# Ordner auf Netzlaufwerk erstellen



## clemson (21. Sep 2005)

Hallo!

Ich muss mit meiner Web-Applikation einen Ordner auf einem Netzlaufwerk erstellen...

Wie mache ich das?


----------



## The_S (21. Sep 2005)

So wies überall anders auch geht. File + mkdir().


----------



## Bleiglanz (21. Sep 2005)

clemson hat gesagt.:
			
		

> Hallo!
> 
> Ich muss mit meiner Web-Applikation einen Ordner auf einem Netzlaufwerk erstellen...
> 
> Wie mache ich das?



wo denn: beim Client oder am Server?

ist das Netzlaufwerk schon eingebunden?


----------



## clemson (21. Sep 2005)

Ich muss einen Ordner auf dem Server erstellen; das Netzlaufwerk muss ich auch erst einbinden...


----------



## The_S (21. Sep 2005)

clemson hat gesagt.:
			
		

> Ich muss einen Ordner auf dem Server erstellen; das Netzlaufwerk muss ich auch erst einbinden...

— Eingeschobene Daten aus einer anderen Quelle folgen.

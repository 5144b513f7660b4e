-- ===== src/MyBash/Parsing.antt =====
-- lab01/sistop-famaf-so25lab1g34/parsing.c: from the parser's arguments to a pipeline. Memory is
-- always found. Both loops run on fuel; `none` also stands for its end.
pub mod Line
pub mod Arguments
pub mod Commands
pub mod Correct
pub mod RoundTrip
use fa_maf_sis_op.Prelude.{
  ℕ, zero, suc, ◌≡◌, refl, Bool, true, false, not, ◌&&◌, ◌||◌, Option, none, some, List, [], ◌∷◌,
  ◌++◌, if◌then◌else◌, is_some, Text,
}
use fa_maf_sis_op.MyBash.GQueue.{GQueue}
use fa_maf_sis_op.MyBash.Run.{Run, pure, ◌>>=◌, ◌>>◌, assert}
use fa_maf_sis_op.MyBash.Scommand.{
  Scommand, scommand_new, scommand_push_back, scommand_set_redir_in, scommand_set_redir_out,
  scommand_destroy, scommand_is_empty,
}
use fa_maf_sis_op.MyBash.Pipeline.{
  Pipeline, pipeline_new, pipeline_push_back, pipeline_set_wait, pipeline_destroy,
}
use fa_maf_sis_op.MyBash.Parser.{ArgKind, arg_normal, arg_input, arg_output, ParserApi}

-- `destroy_policy_t`
pub data DestroyPolicy : Type 0 where
  destroy_pipeline_if_garbage always_destroy_pipeline : DestroyPolicy

-- What is printed: the line end on standard output, the error on standard error.
pub data Message : Type 0 where
  line_end syntax_error : Message

abbrev is_redirection : ArgKind → Bool
is_redirection arg_normal = false
is_redirection arg_input = true
is_redirection arg_output = true

abbrev always : DestroyPolicy → Bool
always destroy_pipeline_if_garbage = false
always always_destroy_pipeline = true

module _ (g : GQueue) (a : ParserApi) where
  -- Where an argument goes, by its kind.
  unfoldable pub store_argument : Scommand g → ArgKind → Text → Run (Scommand g)
  store_argument res arg_normal arg = scommand_push_back g res (some arg)
  store_argument res arg_output arg = scommand_set_redir_out g res (some arg)
  store_argument res arg_input arg = scommand_set_redir_in g res (some arg)

  -- The end of the arguments: a redirection without a name destroys the command.
  unfoldable pub end_arguments : Scommand g → ArgKind → Run (Option (Scommand g))
  end_arguments res type =
      if is_redirection type then scommand_destroy g res >> pure none else pure (some res)

  -- One round of `parse_scommand`, given what `parser_next_argument` has answered; `loop` is the next
  -- round.
  unfoldable pub take_argument :
      (a.Parser → ArgKind → Scommand g → Run (Option (Scommand g) × a.Parser))
      → Option Text × ArgKind × a.Parser
      → Scommand g
      → Run (Option (Scommand g) × a.Parser)
  take_argument loop (none, type, p) res = end_arguments res type >>= λ res'. pure (res', p)
  take_argument loop (some arg, type, p) res = store_argument res type arg >>= loop p type

  -- The `while` of `parse_scommand`; `type` keeps its value from one round to the next.
  unfoldable pub parse_arguments :
      ℕ → a.Parser → ArgKind → Scommand g → Run (Option (Scommand g) × a.Parser)
  parse_arguments zero p type res = none
  parse_arguments (suc fuel) p type res =
      let round =
        take_argument (parse_arguments fuel) (a.next_argument (a.skip_blanks p) type) res in
      if not (a.at_eof p) then round else pure (some res, p)

  -- A command without words is destroyed.
  unfoldable pub drop_empty : Option (Scommand g) → Run (Option (Scommand g))
  drop_empty none = pure none
  drop_empty (some res) =
      if scommand_is_empty g res then scommand_destroy g res >> pure none else pure (some res)

  unfoldable pub parse_scommand : ℕ → a.Parser → Run (Option (Scommand g) × a.Parser)
  parse_scommand fuel p = do
    res ← scommand_new g true
    (res, p) ← parse_arguments fuel p arg_normal res
    res ← drop_empty res
    pure (res, p)

  -- What follows a command in `parse_pipeline`: the next round, `loop`, behind an operator `|`. The
  -- first field of the result is `syntax_error`.
  unfoldable pub add_command :
      (a.Parser → Pipeline g → Run (Bool × Pipeline g × a.Parser))
      → Option (Scommand g) × a.Parser
      → Pipeline g
      → Run (Bool × Pipeline g × a.Parser)
  add_command loop (none, p) result = pure (true, result, p)
  add_command loop (some cmd, p) result = pipeline_push_back g result (some cmd) >>= λ result.
      if a.at_eof p
      then pure (false, result, p)
      else if (a.op_pipe p).0
      then loop (a.op_pipe p).1 result
      else pure (false, result, (a.op_pipe p).1)

  -- The `while` of `parse_pipeline`, each round with the call of `parse_scommand` before it.
  unfoldable pub parse_commands :
      (fuel length : ℕ) → a.Parser → Pipeline g → Run (Bool × Pipeline g × a.Parser)
  parse_commands zero length p result = none
  parse_commands (suc fuel) length p result =
      parse_scommand length p >>= λ r. add_command (parse_commands fuel length) r result

  unfoldable pub handle_garbage :
      a.Parser → Pipeline g → DestroyPolicy → Run (Option (Pipeline g) × a.Parser × List Message)
  handle_garbage p result policy =
      let read : Bool × a.Parser = if not (a.at_eof p) then a.garbage p else (false, p) in
      let printed : List Message = if a.at_eof read.1 then line_end ∷ [] else [] in
      if always policy || read.0
      then pipeline_destroy g result >> pure (none, read.1, printed ++ syntax_error ∷ [])
      else pure (some result, read.1, printed)

  unfoldable pub handle_op_background : a.Parser → Pipeline g → Run (Pipeline g × a.Parser)
  handle_op_background p result =
      let (was_op_background, p') = a.op_background p in
      let found : Run (Pipeline g × a.Parser) =
        (if was_op_background
          then (pipeline_set_wait g result false >>= λ result. pure (result, p'))
          else pure (result, p')) in
      if not (a.at_eof p) then found else pure (result, p)

  -- The pipeline, or `NULL`, with the parser behind it and what was printed. `length` bounds the
  -- rounds of both loops.
  unfoldable pub parse_pipeline :
      (length : ℕ) → a.Parser → Run (Option (Pipeline g) × a.Parser × List Message)
  parse_pipeline length p = do
    assert (not (a.at_eof p))
    result ← pipeline_new g true
    (failed, result, p) ← parse_commands length length p result
    if failed
        then handle_garbage p result always_destroy_pipeline
        else (handle_op_background p result >>= λ (result, p).
            handle_garbage p result destroy_pipeline_if_garbage)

achso, dann kannst das natürlich nicht so machen wie ich geschrieben hab.


----------



## clemson (21. Sep 2005)

hmm, das hab ich mir schon gedacht... wär wohl zu einfach...

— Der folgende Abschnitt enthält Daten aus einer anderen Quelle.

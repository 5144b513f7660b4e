-- ===== src/MyBash/Parsing/Line.antt =====
-- The grammar of a command line, read in one pass and apart from the code.
use fa_maf_sis_op.Prelude.{
  ◌≡◌, refl, ◌∙◌, Bool, true, false, Option, none, some, List, [], ◌∷◌, ◌++◌, ◌≤◌, arith,
  if◌then◌else◌, length, Text,
}
use fa_maf_sis_op.MyBash.Scommand.Laws.{Simple}
use fa_maf_sis_op.MyBash.Pipeline.Laws.{Pipe}
use fa_maf_sis_op.MyBash.Parser.{
  Redirect, input, output, Symbol, word, redirect, bar, ampersand, blank, newline, drop_blanks,
  after_line, HasLine, NoWord, NoBlank, is_nil,
}

abbrev pub no_command : Simple
no_command = record { words = []; redir_out = none; redir_in = none }

-- A command with one more word, or with another file for one of its streams.
abbrev pub add_word : Text → Simple → Simple
add_word w c = record c { words = c.words ++ w ∷ [] }

abbrev pub set_file : Redirect → Text → Simple → Simple
set_file input w c = record c { redir_in = some w }
set_file output w c = record c { redir_out = some w }

-- A command may stand in a pipeline if it has a word.
abbrev pub has_words : Simple → Bool
has_words c = elim c.words [ [] ↦ false | w ∷ ws ↦ true ]

-- Behind `&` only blanks may follow.
unfoldable pub background : List Simple → List Symbol → Option Pipe
background cs [] = none
background cs (blank ∷ s) = background cs s
background cs (newline ∷ s) = some (record { scommands = cs; wait = false })
background cs (word w ∷ s) = none
background cs (redirect r ∷ s) = none
background cs (bar ∷ s) = none
background cs (ampersand ∷ s) = none

-- The pipeline that the first line spells, or `none` where it spells none. `pending` is a redirection
-- that waits for its file name, `cur` the command being read, `prior` those before it.
unfoldable pub line :
    (pending : Option Redirect) (cur : Simple) (prior : List Simple) → List Symbol → Option Pipe
line pending cur prior [] = none
line pending cur prior (blank ∷ s) = line pending cur prior s
line none cur prior (word w ∷ s) = line none (add_word w cur) prior s
line (some r) cur prior (word w ∷ s) = line none (set_file r w cur) prior s
line none cur prior (redirect r ∷ s) = line (some r) cur prior s
line (some r) cur prior (redirect r' ∷ s) = none
line none cur prior (bar ∷ s) =
    let more = line none no_command (prior ++ cur ∷ []) s in if has_words cur then more else none
line (some r) cur prior (bar ∷ s) = none
line none cur prior (ampersand ∷ s) =
    if has_words cur then background (prior ++ cur ∷ []) s else none
line (some r) cur prior (ampersand ∷ s) = none
line none cur prior (newline ∷ s) =
    if has_words cur then some (record { scommands = prior ++ cur ∷ []; wait = true }) else none
line (some r) cur prior (newline ∷ s) = none

unfoldable pub parsed_line : List Symbol → Option Pipe
unfolding line
parsed_line s = line none no_command [] s

-- Blanks make no difference.
pub line-drop_blanks :
    (pending : Option Redirect) (cur : Simple) (prior : List Simple) (s : List Symbol)
    → line pending cur prior s ≡ line pending cur prior (drop_blanks s)
unfolding line
line-drop_blanks pending cur prior [] = refl
line-drop_blanks pending cur prior (blank ∷ s) = line-drop_blanks pending cur prior s
line-drop_blanks pending cur prior (word w ∷ s) = refl
line-drop_blanks pending cur prior (redirect r ∷ s) = refl
line-drop_blanks pending cur prior (bar ∷ s) = refl
line-drop_blanks pending cur prior (ampersand ∷ s) = refl
line-drop_blanks pending cur prior (newline ∷ s) = refl

-- A redirection without a name spoils the line.
pub line-missing :
    (r : Redirect) (cur : Simple) (prior : List Simple) (s : List Symbol)
    → NoWord s
    → NoBlank s
    → line (some r) cur prior s ≡ none
unfolding line
line-missing r cur prior [] h b = refl
line-missing r cur prior (word w ∷ s) h b = absurd h
line-missing r cur prior (blank ∷ s) h b = absurd b
line-missing r cur prior (redirect r' ∷ s) h b = refl
line-missing r cur prior (bar ∷ s) h b = refl
line-missing r cur prior (ampersand ∷ s) h b = refl
line-missing r cur prior (newline ∷ s) h b = refl

pub drop_blanks-NoBlank : (s : List Symbol) → NoBlank (drop_blanks s)
drop_blanks-NoBlank [] = tt
drop_blanks-NoBlank (blank ∷ s) = drop_blanks-NoBlank s
drop_blanks-NoBlank (word w ∷ s) = tt
drop_blanks-NoBlank (redirect r ∷ s) = tt
drop_blanks-NoBlank (bar ∷ s) = tt
drop_blanks-NoBlank (ampersand ∷ s) = tt
drop_blanks-NoBlank (newline ∷ s) = tt

-- Skipping blanks stays on the line.
pub record SameLine (s s' : List Symbol) : Type 0 where
  pub rest : after_line s' ≡ after_line s
  pub has_line : HasLine s'
  pub shorter : length s' ≤ length s

pub SameLine-trans : {s s' s'' : List Symbol} → SameLine s s' → SameLine s' s'' → SameLine s s''
SameLine-trans h k = record {
  rest = k.rest ∙ h.rest;
  has_line = k.has_line;
  shorter = omega (arith, h.shorter, k.shorter);
}

pub drop_blanks-SameLine : (s : List Symbol) → HasLine s → SameLine s (drop_blanks s)
drop_blanks-SameLine [] h = absurd h
drop_blanks-SameLine (blank ∷ s) h =
    let same = drop_blanks-SameLine s h in
    record { rest = same.rest; has_line = same.has_line; shorter = omega (arith, same.shorter) }
drop_blanks-SameLine (word w ∷ s) h = record { rest = refl; has_line = h; shorter = omega arith }
drop_blanks-SameLine (redirect r ∷ s) h = record {
  rest = refl;
  has_line = h;
  shorter = omega arith;
}
drop_blanks-SameLine (bar ∷ s) h = record { rest = refl; has_line = h; shorter = omega arith }
drop_blanks-SameLine (ampersand ∷ s) h = record { rest = refl; has_line = h; shorter = omega arith }
drop_blanks-SameLine (newline ∷ s) h = record { rest = refl; has_line = h; shorter = omega arith }

pub is_nil-HasLine : (s : List Symbol) → HasLine s → is_nil s ≡ false
is_nil-HasLine [] h = absurd h
is_nil-HasLine (x ∷ s) h = refl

Grundsätzlich ist es aber möglich, oder?


----------



## Bleiglanz (21. Sep 2005)

fast nicht, wegen der credentials für die Freigabe

such mal im Forum, war mal ein längerer Thread dazu da


----------



## clemson (21. Sep 2005)

Bleiglanz hat gesagt.:
			
		

> fast nicht, wegen der credentials für die Freigabe


was meinst du damit?



			
				Bleiglanz hat gesagt.:
			
		

> such mal im Forum, war mal ein längerer Thread dazu da


okey, werd mal gucken

danke erstmal...


----------



## Bleiglanz (21. Sep 2005)

bevor du lange suchst:

wenn du die Freigabe fest auf dem Server reinhängst (als X: von mir aus) dann ist das alles KEIN Problem

es geht nur darum, dass man auf eine geschützte Freigabe 

\\SERVERNAME\Freigabe_mit_Auth

von Java aus nicht draufkommt wegen der Authentifizierung...

siehe auch http://jcifs.samba.org/


----------



## clemson (21. Sep 2005)

hmm, die freigabe auf dem server dürfte eigentlich kein problem sein...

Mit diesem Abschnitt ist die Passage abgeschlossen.